Quand elle ouvrit la porte, une odeur de moisi et de putréfaction lui sauta à la gorge, mais elle ne dit rien pour ne pas inquiéter son ami. Le premier regard qu'elle lança fût pour le petit meuble où les cadavres se planquaient la veille au soir. Elle revit leurs yeux inexpressifs se foutant d'elle, jouant avec sa paranoïa comme un chat avec une pelote de laine.
- Tu veux boire quelque chose?
- Un whisky s'il te plaît.
- Ok.
Elle se dirigea vers sa kitchenette et entendit le même bruit de chute que la veille au soir mais quand elle se retourna, tout allait bien.

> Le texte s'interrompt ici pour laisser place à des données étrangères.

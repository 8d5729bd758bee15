-- ===== src/Mus/Wire.antt =====
-- How a parser and what a marshaller writes fit: a rule for each way to build a parser.
use vivary.Prelude.{
  ℕ, ◌≤◌, ◌≡◌, refl, ◌∙◌, ap, List, Str, [], ◌∷◌, ◌++◌, append_assoc, length, arith, leb, true,
  le→leb, leb→le,
}
use vivary.Mus.{
  Source, ok, Parser, ◌>>=◌, pure, within, read_full, read_varint, read_string, make_and_read,
  max_alloc,
}
use vivary.Mus.Varint.{IsU64}
use vivary.Mus.Strings.{
  varint_bytes, string_bytes, read_varint-varint_bytes, read_string-string_bytes, read_full-append,
  bind_ok, within_ok,
}

-- `p` reads `a` from the bytes `w`, by any reader, and leaves whatever follows them.
pub record Reads {ℓ} {A : Type ℓ} (p : Parser A) (a : A) (w : Str) : Type ℓ where
  pub at : (src : Source) (rest : List ℕ) → p src (w ++ rest) ≡ ok (a, rest)

-- A message as the list of its parts. It stays shut, so that the rules see the parts.
unfoldable pub concat : List Str → Str
concat [] = []
concat (w ∷ ws) = w ++ concat ws

pub Reads-pure {ℓ} : {A : Type ℓ} {a b : A} → a ≡ b → Reads (pure a) b (concat [])
unfolding pure concat
Reads-pure e = record { at = λ src rest. ap (λ x. ok (x, rest)) e }

pub Reads-done {ℓ} : {A : Type ℓ} (a : A) → Reads (pure a) a (concat [])
Reads-done a = Reads-pure refl

pub Reads-bind {ℓ κ} :
    {A : Type ℓ} {B : Type κ} (p : Parser A) (f : A → Parser B) (ws : List Str) {a : A} {b : B}
    {w : Str}
    → Reads p a w
    → Reads (f a) b (concat ws)
    → Reads (p >>= f) b (concat (w ∷ ws))
unfolding concat
Reads-bind p f ws {w} rp rf = record {
  at = λ src rest.
      rw (append_assoc w (concat ws) rest)
        (bind_ok p f src _ (rp.at src (concat ws ++ rest)) ∙ rf.at src rest);
}

pub Reads-within {ℓ} :
    {A : Type ℓ} (tag : Str) {p : Parser A} {a : A} {w : Str}
    → Reads p a w
    → Reads (within tag p) a w
Reads-within tag {p} rp = record { at = λ src rest. within_ok tag p src _ (rp.at src rest) }

pub Reads-varint : (v : ℕ) → IsU64 v → Reads read_varint v (varint_bytes v)
Reads-varint v h = record { at = λ src rest. read_varint-varint_bytes v src rest h }

pub Reads-string :
    (n : ℕ) (s : Str)
    → length s ≤ n
    → leb n max_alloc ≡ true
    → Reads (read_string n) s (string_bytes s)
Reads-string n s fits small = record {
  at = λ src rest. read_string-string_bytes n s src rest fits (omega (arith, leb→le));
}

pub Reads-full : (s : Str) → Reads (read_full (length s)) s s
Reads-full s = record { at = λ src rest. read_full-append s src rest }

pub Reads-make : (s : Str) → length s ≤ max_alloc → Reads (make_and_read (length s)) s s
unfolding make_and_read
Reads-make s fits = record {
  at = λ src rest. rw (le→leb (length s) max_alloc fits) (read_full-append s src rest);
}

-- The rules for a block of reads, in which the bytes decide what is read.
module _ {ℓ} {B : Type ℓ} {b : B} (ws : List Str) where
  pub Reads-bind_string :
      (n : ℕ) (s : Str) (f : Str → Parser B)
      → length s ≤ n
      → leb n max_alloc ≡ true
      → Reads (f s) b (concat ws)
      → Reads (read_string n >>= f) b (concat (string_bytes s ∷ ws))
  Reads-bind_string n s f fits small r = Reads-bind _ _ _ (Reads-string n s fits small) r

  pub Reads-bind_varint :
      (v : ℕ) (f : ℕ → Parser B)
      → IsU64 v
      → Reads (f v) b (concat ws)
      → Reads (read_varint >>= f) b (concat (varint_bytes v ∷ ws))
  Reads-bind_varint v f h r = Reads-bind _ _ _ (Reads-varint v h) r

  pub Reads-bind_byte :
      (c : ℕ) (f : Str → Parser B)
      → Reads (f (c ∷ [])) b (concat ws)
      → Reads (read_full 1 >>= f) b (concat ((c ∷ []) ∷ ws))
  Reads-bind_byte c f r = Reads-bind _ _ _ (Reads-full (c ∷ [])) r

  pub Reads-bind_make :
      (s : Str) (f : Str → Parser B)
      → length s ≤ max_alloc
      → Reads (f s) b (concat ws)
      → Reads (make_and_read (length s) >>= f) b (concat (s ∷ ws))
  Reads-bind_make s f fits r = Reads-bind _ _ _ (Reads-make s fits) r

pub ruleset reads_rules =
    (Reads-done, Reads-bind_string, Reads-bind_varint, Reads-bind_byte, Reads-bind_make)
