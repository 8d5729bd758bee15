-- ===== src/Capabilities/RoundTrip.antt =====
-- The payloads of the capability protocol are read back as they were written.
use vivary.Switchboard.Codec.{max_id_len}
use vivary.Prelude.{ℕ, ◌≤◌, ◌≡◌, ap, List, [], ◌∷◌, ◌++◌, append-nil, Bool, length, arith}
use vivary.Mus.{Source, ok, pure, max_alloc}
use vivary.Mus.Varint.{IsU64}
use vivary.Mus.Strings.{varint_bytes, string_bytes, wire_form}
use vivary.Mus.Wire.{Reads, Reads-pure, concat, reads_rules}
use vivary.Mus.Flags.{bool_byte, byte_bool, byte_bool-bool_byte}
use vivary.Capabilities.Payloads.{
  ToolRequestPayload, marshal_tool_request, unmarshal_tool_request, CapabilityRequestPayload,
  marshal_capability_request, unmarshal_capability_request, CapabilityResponsePayload,
  marshal_capability_response, unmarshal_capability_response,
}

-- The values of a CapabilityRequestPayload that its reader lets in.
pub record IsCapabilityRequestPayload (p : CapabilityRequestPayload) : Type 0 where
  pub capability : length p.capability ≤ max_id_len
  pub args : length p.args ≤ max_alloc

Reads-capability_request :
    (p : CapabilityRequestPayload)
    → IsCapabilityRequestPayload p
    → Reads unmarshal_capability_request p (marshal_capability_request p)
Reads-capability_request p h =
    rw wire (unfold unmarshal_capability_request in search (reads_rules, args_wide) depth 20)
  where
    wire :
        marshal_capability_request p
        ≡ concat (string_bytes p.capability ∷ varint_bytes (length p.args) ∷ p.args ∷ [])
    wire = unfold marshal_capability_request concat in simp (wire_form, append-nil)

    args_wide : IsU64 (length p.args)
    args_wide = omega (arith, h.args)

-- A capability request is read back, by any reader, and what follows is left.
pub unmarshal_capability_request-marshal_capability_request :
    (p : CapabilityRequestPayload) (src : Source) (rest : List ℕ)
    → IsCapabilityRequestPayload p
    → unmarshal_capability_request src (marshal_capability_request p ++ rest) ≡ ok (p, rest)
unmarshal_capability_request-marshal_capability_request p src rest h =
    (Reads-capability_request p h).at src rest

-- The values of a CapabilityResponsePayload that its reader lets in.
pub record IsCapabilityResponsePayload (p : CapabilityResponsePayload) : Type 0 where
  pub result : length p.result ≤ max_alloc
  pub error_code : length p.error_code ≤ max_id_len
  pub error_detail : length p.error_detail ≤ 1024

Reads-capability_response :
    (p : CapabilityResponsePayload)
    → IsCapabilityResponsePayload p
    → Reads unmarshal_capability_response p (marshal_capability_response p)
Reads-capability_response p h =
    rw wire
      (unfold unmarshal_capability_response in search (reads_rules, result_wide, last) depth 20)
  where
    wire :
        marshal_capability_response p
        ≡ concat (
            (bool_byte p.success ∷ [])
            ∷ varint_bytes (length p.result)
            ∷ p.result
            ∷ string_bytes p.error_code
            ∷ string_bytes p.error_detail
            ∷ [])
    wire = unfold marshal_capability_response concat in simp (wire_form, append-nil)

    result_wide : IsU64 (length p.result)
    result_wide = omega (arith, h.result)

    last : Reads (pure (record p { success = byte_bool (bool_byte p.success ∷ []) })) p (concat [])
    last = Reads-pure (ap (λ (x : Bool). record p { success = x }) (byte_bool-bool_byte p.success))

-- A capability response is read back, by any reader, and what follows is left, if its error code has
-- at most 256 bytes and its detail at most 1024.
pub unmarshal_capability_response-marshal_capability_response :
    (p : CapabilityResponsePayload) (src : Source) (rest : List ℕ)
    → IsCapabilityResponsePayload p
    → unmarshal_capability_response src (marshal_capability_response p ++ rest) ≡ ok (p, rest)
unmarshal_capability_response-marshal_capability_response p src rest h =
    (Reads-capability_response p h).at src rest

-- The values of a ToolRequestPayload that its reader lets in.
pub record IsToolRequestPayload (p : ToolRequestPayload) : Type 0 where
  pub capability : length p.capability ≤ max_id_len
  pub args : length p.args ≤ max_alloc

Reads-tool_request :
    (p : ToolRequestPayload)
    → IsToolRequestPayload p
    → Reads unmarshal_tool_request p (marshal_tool_request p)
Reads-tool_request p h =
    rw wire (unfold unmarshal_tool_request in search (reads_rules, args_wide) depth 20)
  where
    wire :
        marshal_tool_request p
        ≡ concat
            (string_bytes p.capability ∷ (p.mode ∷ []) ∷ varint_bytes (length p.args) ∷ p.args ∷ [])
    wire = unfold marshal_tool_request concat in simp (wire_form, append-nil)

    args_wide : IsU64 (length p.args)
    args_wide = omega (arith, h.args)

-- A request on the tool socket is read back, by any reader, and what follows is left.
pub unmarshal_tool_request-marshal_tool_request :
    (p : ToolRequestPayload) (src : Source) (rest : List ℕ)
    → IsToolRequestPayload p
    → unmarshal_tool_request src (marshal_tool_request p ++ rest) ≡ ok (p, rest)
unmarshal_tool_request-marshal_tool_request p src rest h = (Reads-tool_request p h).at src rest
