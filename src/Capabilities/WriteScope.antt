-- ===== src/Capabilities/WriteScope.antt =====
-- Where Filesystem_File_Write may write.
use vivary.Prelude.{◌≡◌, ◌≢◌, ◌⊎◌, inr, false, List, [], ◌∷◌, ◌++◌, All, Str, bytes}
use vivary.Capabilities.Dispatch.{Response, capability_denied, ScopeConstraint}
use vivary.Capabilities.Paths.{split_slash, rel_parts, is_abs, clean, join}
use vivary.Capabilities.FileWrite.{
  missing, symlink, plain, FileWriteArgs, FileSystem, get_path_prefix,
}

-- At or below a scope.
abbrev pub IsUnder : Str → Str → Type 0
IsUnder scope path = (path ≡ clean scope) ⊎ ((t : Str) × (path ≡ clean scope ++ (bytes "/" ++ t)))

-- The components of a path below `cur`, one after the other: up to the first that does not exist,
-- each is no symlink, or a symlink that leads to a place at or below the scope.
pub data IsWalked {ℓ} {W : Type ℓ} (fs : FileSystem W) (scope : Str) (w : W)
    : Str → List Str → Type 0 where
  walked : {cur : Str} → IsWalked fs scope w cur []
  ends :
      {cur part : Str} {parts : List Str}
      → fs.lstat (join cur part) w ≡ missing
      → IsWalked fs scope w cur (part ∷ parts)
  over :
      {cur part : Str} {parts : List Str}
      → fs.lstat (join cur part) w ≡ plain
      → IsWalked fs scope w (join cur part) parts
      → IsWalked fs scope w cur (part ∷ parts)
  through :
      {cur part resolved : Str} {parts : List Str}
      → fs.lstat (join cur part) w ≡ symlink
      → fs.eval_symlinks (join cur part) w ≡ inr resolved
      → IsUnder scope resolved
      → IsWalked fs scope w (join cur part) parts
      → IsWalked fs scope w cur (part ∷ parts)

abbrev target : List ScopeConstraint → FileWriteArgs → Str
target constraints args = clean (join (get_path_prefix constraints) args.path)

-- The conditions under which the file is written.
pub record IsPermitted {ℓ} {W : Type ℓ} (fs : FileSystem W) (quote : Str → Str)
    (constraints : List ScopeConstraint) (args : FileWriteArgs) (w : W) : Type 0 where
  pub named : args.path ≢ []
  pub relative : is_abs args.path ≡ false
  pub no_dots : All (λ part. part ≢ bytes "..") (split_slash args.path)
  pub scoped : get_path_prefix constraints ≢ []
  pub inside : IsUnder (get_path_prefix constraints) (target constraints args)
  pub no_escape :
      IsWalked fs
        (get_path_prefix constraints)
        w
        (get_path_prefix constraints)
        (rel_parts (get_path_prefix constraints) (target constraints args))

-- A refusal that left the file system alone.
pub record IsRefused {ℓ} {W : Type ℓ} (w : W) (answer : Response × W) : Type ℓ where
  pub unsuccessful : answer.0.success ≡ false
  pub code : answer.0.error_code ≡ capability_denied
  pub untouched : answer.1 ≡ w
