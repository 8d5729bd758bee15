-- ===== src/Capabilities/Tests.antt =====
-- The dispatcher and the payloads on a small registry. The world counts the calls.
use vivary.Prelude.{
  has_suffix, inr, has_prefix, length, ℕ, ◌+◌, ◌≡◌, refl, ◌≢◌, true, false, none, some, List, [],
  ◌∷◌, ◌++◌, arith, if◌then◌else◌, Str, bytes, str_eq,
}
use vivary.Prelude.Map.{empty, lookup, insert}
use vivary.Mus.{Source, closed, ok}
use vivary.Capabilities.Payloads.{
  ToolRequestPayload, marshal_tool_request, unmarshal_tool_request, CapabilityRequestPayload,
  CapabilityResponsePayload, marshal_capability_request, unmarshal_capability_request,
  marshal_capability_response, unmarshal_capability_response,
}
use vivary.Capabilities.RoundTrip.{
  unmarshal_tool_request-marshal_tool_request,
  unmarshal_capability_request-marshal_capability_request,
  unmarshal_capability_response-marshal_capability_response,
}
use vivary.Capabilities.Dispatch.{
  Request, Response, ScopeConstraint, Capability, Acl, register, Dispatcher, dispatch_request,
  set_acl, remove_acl,
}
use vivary.Capabilities.Paths.{
  clean, join, components, render, split_slash, contains_dot_dot, dir, rel_parts,
}
use vivary.Capabilities.FileWrite.{
  FileWriteArgs, FileSystem, missing, execute_args, write_file, get_path_prefix,
  check_no_symlink_escape, walk, in_scope,
}
use vivary.Chromproxy.{Urls, allows}
use vivary.Capabilities.Browser.{BrowserScope, whitelist_policy, allows_url, scope_domain_allowed}
use vivary.Capabilities.BrowserPolicy.{allows-whitelist_policy}
use vivary.Capabilities.Grants.{
  IsGranted, IsDenied, dispatch_request-granted, dispatch_request-IsDenied,
  dispatch_request-remove_acl, dispatch_request-others, lookup-register,
}

abbrev stream : Source
stream = record { byte_reader = true; ending = closed }

abbrev quoted : Str → Str
quoted s = bytes "q" ++ s ++ bytes "q"

abbrev answer : Response
answer = record { success = true; result = bytes "done"; error_code = []; error_detail = [] }

abbrev reader : Capability ℕ
reader = record {
  name = bytes "Page_Read";
  audit_payload = true;
  execute = λ constraints req w. (ok answer, w + 1);
}

abbrev policy : Acl
policy = record {
  agent_id = bytes "agent-1";
  entries =
      record { capability_name = bytes "File_Write"; constraints = [] }
      ∷ record { capability_name = bytes "Page_Read"; constraints = [] }
      ∷ [];
}

abbrev desk : Dispatcher ℕ
desk = record {
  registry = record { entries = (bytes "Page_Read", reader) ∷ [] };
  acls = record { entries = (bytes "agent-1", policy) ∷ [] };
}

abbrev read_request : Request
read_request = record {
  name = bytes "Page_Read";
  agent_id = bytes "agent-1";
  seq_no = 3;
  args = [];
}

read_request-IsGranted : IsGranted desk read_request reader []
unfolding lookup str_eq
read_request-IsGranted = record {
  acl = policy;
  listed = refl;
  entry = record {
    before = record { capability_name = bytes "File_Write"; constraints = [] } ∷ [];
    after = [];
    others = (λ e. other e, tt);
    split = refl;
  };
  registered = refl;
}
  where
    other : bytes "File_Write" ≢ bytes "Page_Read"
    other e = cc

dispatch_request-granted_example : dispatch_request quoted desk read_request 0 ≡ (ok answer, 1)
dispatch_request-granted_example =
    dispatch_request-granted quoted desk read_request 0 reader [] read_request-IsGranted

-- The agent's list names the capability, but nobody registered it.
abbrev write_request : Request
write_request = record read_request { name = bytes "File_Write" }

dispatch_request-IsDenied_example : IsDenied 0 (dispatch_request quoted desk write_request 0)
dispatch_request-IsDenied_example =
    dispatch_request-IsDenied quoted desk write_request 0 unregistered
  where
    unregistered :
        (c : Capability ℕ) (constraints : List ScopeConstraint)
        → ¬ IsGranted desk write_request c constraints
    unregistered c constraints g =
        let e : none ≡ some c = unfold lookup str_eq in g.registered in cc e

dispatch_request-remove_acl_sample :
    IsDenied 0 (dispatch_request quoted (remove_acl (bytes "agent-1") desk) read_request 0)
dispatch_request-remove_acl_sample = dispatch_request-remove_acl quoted desk read_request 0

abbrev other_policy : Acl
other_policy = record { agent_id = bytes "eve"; entries = [] }

dispatch_request-others_sample :
    (dispatch_request quoted (set_acl other_policy desk) read_request 0
      ≡ dispatch_request quoted desk read_request 0)
    × (dispatch_request quoted (remove_acl (bytes "eve") desk) read_request 0
        ≡ dispatch_request quoted desk read_request 0)
dispatch_request-others_sample =
    dispatch_request-others quoted desk read_request 0 other_policy differ
  where
    differ : bytes "agent-1" ≢ bytes "eve"
    differ e = cc

lookup-register_sample :
    (lookup (bytes "Page_Read") (empty {V = Capability ℕ}) ≡ none)
    × (lookup (bytes "Page_Read") (insert (bytes "Page_Read") reader empty) ≡ (
        if str_eq (bytes "Page_Read") (bytes "Page_Read")
        then some reader
        else lookup (bytes "Page_Read") empty))
lookup-register_sample =
    lookup-register reader empty (insert (bytes "Page_Read") reader empty) (bytes "Page_Read")
      (unfold register lookup empty in refl)

abbrev sent_request : CapabilityRequestPayload
sent_request = record { capability = bytes "Page_Read"; args = 1 ∷ 2 ∷ [] }

unmarshal_capability_request_sample :
    unmarshal_capability_request stream (marshal_capability_request sent_request ++ [])
    ≡ ok (sent_request, [])
unmarshal_capability_request_sample =
    unmarshal_capability_request-marshal_capability_request sent_request stream []
      record { capability = omega arith; args = omega arith }

abbrev sent_response : CapabilityResponsePayload
sent_response = record {
  success = false;
  result = [];
  error_code = bytes "fs_error";
  error_detail = bytes "full";
}

unmarshal_capability_response_sample :
    unmarshal_capability_response stream (marshal_capability_response sent_response ++ [])
    ≡ ok (sent_response, [])
unmarshal_capability_response_sample =
    unmarshal_capability_response-marshal_capability_response sent_response stream []
      record { result = omega arith; error_code = omega arith; error_detail = omega arith }

-- A file system of empty directories, whose world counts the changes.
abbrev empty_disk : FileSystem ℕ
empty_disk = record {
  lstat = λ path w. missing;
  eval_symlinks = λ path w. inr path;
  mkdir_all = λ path w. (none, w + 1);
  open_file = λ path append w. (none, w + 1);
  write_string = λ path content w. (inr (length content), w + 1);
}

abbrev output_scope : List ScopeConstraint
output_scope =
    record {
      entity = bytes "File";
      constraints = record { entries = (bytes "path-prefix", bytes "/out" ∷ []) ∷ [] };
    }
    ∷ []

abbrev note : FileWriteArgs
note = record { path = bytes "a/b"; content = bytes "hi"; append = false; encoding = [] }

clean-join : clean (join (bytes "/out/../out/") (bytes "./a//b")) ≡ bytes "/out/a/b"
unfolding clean join components render split_slash str_eq has_prefix
clean-join = refl

-- The note is written under the scope.
execute_args-note : (execute_args empty_disk quoted output_scope note 0).1 ≡ 3
unfolding execute_args write_file get_path_prefix lookup check_no_symlink_escape walk in_scope
    contains_dot_dot clean join components render split_slash str_eq has_prefix dir rel_parts
execute_args-note = refl

-- A path that climbs out is refused.
execute_args-climb :
    (execute_args empty_disk quoted output_scope (record note { path = bytes "a/../../b" }) 0).1 ≡ 0
unfolding execute_args contains_dot_dot split_slash str_eq has_prefix
execute_args-climb = refl

-- Addresses of one form only: the host is the whole text.
abbrev flat_urls : Urls
flat_urls = record {
  lower = λ s. s;
  trim = λ s. s;
  parse = λ raw. some (record { scheme = bytes "https"; host = raw; path = [] });
}

abbrev wiki_scope : BrowserScope
wiki_scope = record {
  domains = [];
  domain_suffixes = bytes "wikipedia.org" ∷ [];
  path_prefixes = [];
}

allows-whitelist_policy_example :
    allows flat_urls (whitelist_policy wiki_scope) (bytes "en.wikipedia.org")
    ≡ allows_url flat_urls wiki_scope (bytes "en.wikipedia.org")
allows-whitelist_policy_example =
    allows-whitelist_policy flat_urls wiki_scope (bytes "en.wikipedia.org")
      record { domains = tt; suffixes = ((refl, λ e. cc e), tt) }

allows_url-subdomain : allows_url flat_urls wiki_scope (bytes "en.wikipedia.org") ≡ true
unfolding allows_url scope_domain_allowed str_eq has_suffix has_prefix
allows_url-subdomain = refl

allows_url-lookalike : allows_url flat_urls wiki_scope (bytes "notwikipedia.org") ≡ false
unfolding allows_url scope_domain_allowed str_eq has_suffix has_prefix
allows_url-lookalike = refl

abbrev tool_call : ToolRequestPayload
tool_call = record { capability = bytes "Page_Read"; mode = 1; args = 5 ∷ [] }

unmarshal_tool_request_sample :
    unmarshal_tool_request stream (marshal_tool_request tool_call ++ []) ≡ ok (tool_call, [])
unmarshal_tool_request_sample =
    unmarshal_tool_request-marshal_tool_request tool_call stream []
      record { capability = omega arith; args = omega arith }
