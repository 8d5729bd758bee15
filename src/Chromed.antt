-- ===== src/Chromed.antt =====
-- internal/chromed
pub mod Payloads
pub mod RoundTrip
pub mod Blank
pub mod Manager
pub mod Sessions
pub mod Filing
pub mod Processes
pub mod Signals
pub mod Orphans
pub mod Overlap
pub mod Conn
pub mod EndToEnd
pub mod Launch
mod Tests
mod ServiceTests
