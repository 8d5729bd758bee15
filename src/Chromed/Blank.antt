-- ===== src/Chromed/Blank.antt =====
-- strings.TrimSpace(s) == "": the text has no rune but white space (unicode.IsSpace), in UTF-8.
use vivary.Prelude.{
  ℕ, zero, suc, Bool, true, false, ◌&&◌, ◌||◌, [], ◌∷◌, leb, ◌==◌, if◌then◌else◌, Str,
}

-- The bytes of the white space that a text begins with; 0 if it begins with another rune.
abbrev space_len : Str → ℕ
space_len [] = 0
space_len (a ∷ []) = if leb 9 a && leb a 13 || a == 32 then 1 else 0
space_len (a ∷ (b ∷ [])) =
    if leb 9 a && leb a 13 || a == 32
    then 1
    else if a == 0xC2 && (b == 0x85 || b == 0xA0)
    then 2
    else 0
space_len (a ∷ (b ∷ (c ∷ s))) =
    if leb 9 a && leb a 13 || a == 32
    then 1
    else if a == 0xC2 && (b == 0x85 || b == 0xA0)
    then 2
    else if a == 0xE1 && b == 0x9A && c == 0x80
        || a == 0xE2
          && b == 0x80
          && (leb 0x80 c && leb c 0x8A || c == 0xA8 || c == 0xA9 || c == 0xAF)
        || a == 0xE2 && b == 0x81 && c == 0x9F
        || a == 0xE3 && b == 0x80 && c == 0x80
    then 3
    else 0

-- Whether what follows the next `skip` bytes is white space only
unfoldable pub blank_after : ℕ → Str → Bool
blank_after skip [] = true
blank_after (suc skip) (a ∷ s) = blank_after skip s
blank_after zero (a ∷ s) = elim (space_len (a ∷ s)) [ zero ↦ false | suc skip ↦ blank_after skip s ]

unfoldable pub is_blank : Str → Bool
unfolding blank_after
is_blank s = blank_after 0 s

Elle prit un valium avec son whisky et s'en servit un autre pour accompagner Raph, ça ne se fait pas de boire seul...
Elle s'assit lourdement sur la chaise en face de son "invité" et s'alluma une cigarette. Son appartement lui donnait des frissons, comme quand on rentre dans une maison dite "hantée".
Raph n'était pas à l'aise non plus mais il prit la parole en premier, sûrement pour rompre ce silence insupportable. Elle ne l'écoutait même pas, son regard était fixé sur la fenêtre.
- Tu devrais y retourner, tu en a besoin.
- Non, je ne le supporterai pas une seconde fois.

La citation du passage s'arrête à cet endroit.